Re: The hunt ; quietly
Oh dear, oh no. Everything came to a wrenching halt. "What do you mean?" Puck asked. There was a crestfallen collapse of his delicate features.
She really didn't like him. She thought he'd ruined him. The birds stopped chirping, and the wind went dead.
Had he failed? He'd failed. He'd tried to be a good servant, but she said that wasn't even his occupation. He didn't know who he had thought he might be fooling, thinking that enthusiasm would make up for his track record. He was terrible at this. He never made anything right, and the things he touched crumbled and fell apart, cracked, as had the woman with the crazing around her mouth like old porcelain. He had only wanted to play a game, because he remembered how little laughter there was in the world outside the party. He thought she would appreciate his surprise, in the end, that it would better her.

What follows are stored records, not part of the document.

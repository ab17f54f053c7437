-- ===== src/Config/Environment.antt =====
-- src/internal/config/env.go: the environment variables of the former deployment.
use pg_k8s_proxy.Common.{
  ℕ, ◌+◌, ◌^◌, Bytes, Option, none, some, List, [], ◌∷◌, ◌++◌, Bool, false, not, ◌&&◌, codes,
  is_empty, ltb, ◌==◌, if◌then◌else◌,
}
use pg_k8s_proxy.Registry.Client.{parse_digits}
use pg_k8s_proxy.Config.{Settings, Host}

pub data Warning : Type 0 where
  not_a_port : Bytes → Bytes → Warning
  deprecated : Bytes → Bytes → Warning
  poll_interval_ignored : Warning

-- A magnitude with its sign fits an int of 64 bits.
abbrev is_magnitude : ℕ → Bytes → Bool
is_magnitude bound digits =
    not (is_empty digits) && elim (parse_digits 0 digits) [ none ↦ false | some n ↦ ltb n bound ]

-- Whether `strconv.Atoi` takes it.
unfoldable pub is_int : Bytes → Bool
is_int [] = false
is_int (c ∷ cs) =
    if c == b'-'
    then is_magnitude (2 ^ 63 + 1) cs
    else if c == b'+'
    then is_magnitude (2 ^ 63) cs
    else is_magnitude (2 ^ 63) (c ∷ cs)

abbrev prepend : ℕ → List Bytes → List Bytes
prepend c [] = (c ∷ []) ∷ []
prepend c (part ∷ parts) = (c ∷ part) ∷ parts

-- `strings.Split(s, ",")`.
unfoldable pub split_commas : Bytes → List Bytes
split_commas [] = [] ∷ []
split_commas (c ∷ cs) =
    let rest = split_commas cs in if c == b',' then [] ∷ rest else prepend c rest

-- A variable that is set and not empty.
unfoldable pub given : Host → Bytes → Option Bytes
given host env = elim (host.lookup_env env) [
  | none ↦ none
  | some raw ↦ if is_empty raw then none else some raw
]

module _ (host : Host) (explicitly_set : Bytes → Bool) where
  -- `setPort`: the target, and the warnings.
  unfoldable pub set_port : Bytes → Bytes → Bytes → Bytes × List Warning
  set_port env flag target = if explicitly_set flag then (target, []) else elim (given host env) [
    | none ↦ (target, [])
    | some raw ↦
        if is_int raw
        then (codes ":" ++ raw, deprecated env flag ∷ [])
        else (target, not_a_port env raw ∷ [])
  ]

  -- The two `if` statements that take a variable as it is.
  unfoldable pub take_env {ℓ} : {A : Type ℓ} → Bytes → Bytes → (Bytes → A) → A → A × List Warning
  take_env env flag read target = elim (given host env) [
    | none ↦ (target, [])
    | some raw ↦
        if not (explicitly_set flag) then (read raw, deprecated env flag ∷ []) else (target, [])
  ]

  unfoldable pub poll_warning : List Warning
  poll_warning = elim (host.lookup_env (codes "POLL_INTERVAL")) [
    | none ↦ []
    | some raw ↦ poll_interval_ignored ∷ []
  ]

  unfoldable pub apply_environment : Settings → Settings × List Warning
  apply_environment c =
      let (bind, w1) =
        set_port (codes "POSTGRES_PORT") (codes "proxy-bind-address") c.proxy.bind_address in
      let (health, w2) =
        set_port (codes "HEALTH_PORT") (codes "health-bind-address") c.health_bind_address in
      let (selector, w3) =
        take_env (codes "LABEL_SELECTOR") (codes "service-discovery-selector") (λ raw. raw)
          c.discovery.label_selector in
      let (namespaces, w4) =
        take_env (codes "KUBERNETES_NAMESPACE") (codes "watch-namespaces") split_commas
          c.watch.namespaces in
      (
        record c {
          proxy = record (c.proxy) { bind_address = bind };
          health_bind_address = health;
          discovery = record (c.discovery) { label_selector = selector };
          watch = record (c.watch) { namespaces = namespaces };
        },
        w1 ++ (w2 ++ (w3 ++ (w4 ++ poll_warning))),
      )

He struggled with the impulse, sudden and sharp, to play a much crueler trick. Then the feeling subsided, no, cruelty didn't sing in his veins. Spitfire eyes dimmed to embers. "Alright," he said, and sniffed. "Then you sit there!" He watched her smooth away her cracks, and his eyes brimmed with tears. "I hope you melt like ice cream!"
There was an abrupt burst of wind rushing through the trees around them, loud enough to drown the sound of speech. By the time it subsided, he was gone.